The best way to address hurt feelings in the workplace is to confront your aggressor face-to-face and in an unemotional and professional tone and share your concerns. Talking things out is the only way to really resolve conflict. Still, most of us don’t relish—or take—this approach. In fact, many turn to a “safer” solution of writing an angry email. Why not? You don’t have to confront your aggressor and you can take the time to write out your concerns and angst behind the comfort of your screen. There, you can feel safe without the stress of confrontation.
I urge you to think twice about this approach.
While it may seem easier to send a harsh note expressing your feelings rather than facing the offender in person, it’s not the smartest course of action. In fact it can seriously damage your career reputation or worse, cost you your friends, family or even your job. That’s right. The impact can be quite severe.
Before you fire off that angry email, consider these three things:
Don’t let your intent be missed.It’s very difficult to interpret true feelings from an email. Remember, we each have our own set of experiences, triggers and emotions that help formulate our biased interpretation of any written message. Instead, write out your talking points focusing mostly on facts. Use this as a guide for expressing your thoughts of concern and desire for resolution when you communicate in person.
Don’t let emotions cloud your judgment. If you’re upset or feel slighted or hurt, the last thing you should do is send an email. We have all received, and sent, our share of emails that we wish we could take back. Sending a note, email or text may feel good in the moment, but it leaves a lot of room for misinterpretation. If you feel emotions clouding your thoughts, give yourself a day or two to cool down before taking time to communicate your concerns face-to-face.

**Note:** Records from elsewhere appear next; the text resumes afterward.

-- ===== src/Hocuspocus/Storing/Counting.antt =====
-- What get_connections_count counts, whatever the order in which the maps are read.
use hocuspocu_rs.Base.{
  ℕ, ◌+◌, ◌≡◌, ◌≤◌, ◌∙◌, refl, sym, ap, inl, inr, Bool, true, false, ◌||◌, List, [], ◌∷◌, Str,
  length, HashMap, bytes_eq, bytes_eq_iff, bytes_eq_refl, if◌then◌else◌, arith, Bool-cases,
  false≢true,
}
use hocuspocu_rs.Document.{get_connection_socket_ids}
use hocuspocu_rs.Hocuspocus.Storing.{
  Hocuspocus, contains_text, insert_all, count_each, get_connections_count,
}
use hocuspocu_rs.Yrs.{Yrs}

abbrev pub Distinct : List Str → Type 0
Distinct [] = Unit
Distinct (s ∷ ss) = (contains_text s ss ≡ false) × Distinct ss

abbrev one_more : Str → List Str → List Str
one_more s ids = if contains_text s ids then ids else s ∷ ids

contains_text-one_more :
    (id s : Str) (ids : List Str)
    → contains_text id (one_more s ids) ≡ bytes_eq s id || contains_text id ids
contains_text-one_more id s ids = elim (Bool-cases (contains_text s ids)) [
  | inl seen ↦ elim (Bool-cases (bytes_eq s id)) [
    | inl same ↦ let key : s ≡ id = (bytes_eq_iff s id).0 same in rw (seen, same) (rw key at seen)
    | inr other ↦ rw (seen, other) refl
  ]
  | inr unseen ↦ rw unseen refl
]

one_more-Distinct : (s : Str) (ids : List Str) → Distinct ids → Distinct (one_more s ids)
one_more-Distinct s ids d = elim (Bool-cases (contains_text s ids)) [
  | inl seen ↦ rw seen d
  | inr unseen ↦ rw unseen (unseen, d)
]

contains_text-insert_all :
    (id : Str) (more ids : List Str)
    → contains_text id (insert_all more ids) ≡ contains_text id more || contains_text id ids
contains_text-insert_all id [] ids = refl
contains_text-insert_all id (s ∷ more) ids =
    ground
      (arith, contains_text-insert_all id more (one_more s ids), contains_text-one_more id s ids)

insert_all-Distinct : (more ids : List Str) → Distinct ids → Distinct (insert_all more ids)
insert_all-Distinct [] ids d = d
insert_all-Distinct (s ∷ more) ids d =
    insert_all-Distinct more (one_more s ids) (one_more-Distinct s ids d)

-- Every copy of a text goes.
drop_text : Str → List Str → List Str
drop_text s [] = []
drop_text s (t ∷ ts) = let rest = drop_text s ts in if bytes_eq t s then rest else t ∷ rest

contains_text-drop_text :
    (id s : Str) (ts : List Str)
    → bytes_eq s id ≡ false
    → contains_text id (drop_text s ts) ≡ contains_text id ts
unfolding drop_text
contains_text-drop_text id s [] other = refl
contains_text-drop_text id s (t ∷ ts) other = elim (Bool-cases (bytes_eq t s)) [
  | inl same ↦
      let key : t ≡ s = (bytes_eq_iff t s).0 same in
      rw (same, key, other) (contains_text-drop_text id s ts other)
  | inr kept ↦ rw (kept, contains_text-drop_text id s ts other) refl
]

length-drop_text :
    (s : Str) (ts : List Str)
    → (length (drop_text s ts) ≤ length ts)
      × (contains_text s ts ≡ true → length (drop_text s ts) + 1 ≤ length ts)
unfolding drop_text
length-drop_text s [] = (omega arith, λ e. absurd (false≢true e))
length-drop_text s (t ∷ ts) = elim (Bool-cases (bytes_eq t s)) [
  | inl same ↦
      rw same
        (omega (arith, (length-drop_text s ts).0), λ e. omega (arith, (length-drop_text s ts).0))
  | inr other ↦
      rw other
        (omega (arith, (length-drop_text s ts).0), λ e. omega (arith, (length-drop_text s ts).1 e))
]

-- Distinct texts that are all in another list are no more than those.
Distinct-length :
    (xs ys : List Str)
    → Distinct xs
    → ((id : Str) → contains_text id xs ≡ true → contains_text id ys ≡ true)
    → length xs ≤ length ys
Distinct-length [] ys d within = omega arith
Distinct-length (x ∷ xs) ys d within = omega (
  arith,
  (length-drop_text x ys).1 (within x (ground (arith, bytes_eq_refl x))),
  Distinct-length xs (drop_text x ys) d.1 still,
)
  where
    still : (id : Str) → contains_text id xs ≡ true → contains_text id (drop_text x ys) ≡ true
    still id there = elim (Bool-cases (bytes_eq x id)) [
      | inl same ↦
          let key : x ≡ id = (bytes_eq_iff x id).0 same in
          absurd (false≢true (sym d.0 ∙ ap (λ k. contains_text k xs) key ∙ there))
      | inr other ↦ contains_text-drop_text id x ys other ∙ within id (ground (arith, there))
    ]

module _ (y : Yrs) (s : Hocuspocus y) where
  abbrev sockets : ℕ → List Str
  sockets doc = get_connection_socket_ids y (s.docs doc)

  -- A connection of one of the documents stands behind the socket.
  unfoldable pub is_connected : Str → HashMap ℕ → Bool
  is_connected id [] = false
  is_connected id ((_, doc) ∷ rest) = contains_text id (sockets doc) || is_connected id rest

  unfoldable pub total_direct : HashMap ℕ → ℕ
  total_direct [] = 0
  total_direct ((_, doc) ∷ rest) = (s.docs doc).direct_connections_count + total_direct rest

  -- The set that the loop collects.
  gathered : HashMap ℕ → List Str → List Str
  gathered [] ids = ids
  gathered ((_, doc) ∷ rest) ids = gathered rest (insert_all (sockets doc) ids)

  count_each-gathered :
      (docs : HashMap ℕ) (ids : List Str) (direct : ℕ)
      → count_each y docs ids direct s ≡ length (gathered docs ids) + (direct + total_direct docs)
  unfolding count_each gathered total_direct
  count_each-gathered [] ids direct = omega arith
  count_each-gathered ((name, doc) ∷ rest) ids direct =
      omega (arith, count_each-gathered rest (insert_all (sockets doc) ids) _)

  gathered-Distinct :
      (docs : HashMap ℕ) (ids : List Str) → Distinct ids → Distinct (gathered docs ids)
  unfolding gathered
  gathered-Distinct [] ids d = d
  gathered-Distinct ((name, doc) ∷ rest) ids d =
      gathered-Distinct rest (insert_all (sockets doc) ids)
        (insert_all-Distinct (sockets doc) ids d)

  contains_text-gathered :
      (id : Str) (docs : HashMap ℕ) (ids : List Str)
      → contains_text id (gathered docs ids) ≡ is_connected id docs || contains_text id ids
  unfolding gathered is_connected
  contains_text-gathered id [] ids = refl
  contains_text-gathered id ((name, doc) ∷ rest) ids = ground (
    arith,
    contains_text-gathered id rest (insert_all (sockets doc) ids),
    contains_text-insert_all id (sockets doc) ids,
  )

  -- The count is the number of sockets that have a connection to some document, each once however many
  -- connections it has, and of all direct connections: for any list of distinct sockets that are those,
  -- in whatever order.
  pub get_connections_count-counts :
      (distinct : List Str)
      → Distinct distinct
      → ((id : Str) → contains_text id distinct ≡ is_connected id s.documents)
      → get_connections_count y s ≡ length distinct + total_direct s.documents
  unfolding get_connections_count
  get_connections_count-counts distinct d those =
      let ids = gathered s.documents [] in
      let same : (id : Str) → contains_text id ids ≡ contains_text id distinct =
        λ id. ground (arith, contains_text-gathered id s.documents [], those id) in
      omega (
        arith,
        count_each-gathered s.documents [] 0,
        Distinct-length ids distinct (gathered-Distinct s.documents [] tt)
            (λ id e. sym (same id) ∙ e),
        Distinct-length distinct ids d (λ id e. same id ∙ e),
      )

Don’t damage your career reputation.It’s difficult to convey, or buffer, your feelings when they’re expressed in an email. First, it’s poor communication etiquette to write lengthy emails. Secondly, when you put your angst or displeasure in writing, it’s a permanent record tied to you. Once you hit the send button your career may be on the line, especially if there were hurtful, damaging, condescending or inappropriate language used. Moving forward think about your relationships and career reputation and how important they are to your success. With those in mind, seek out an elevated and professional way to address conflict.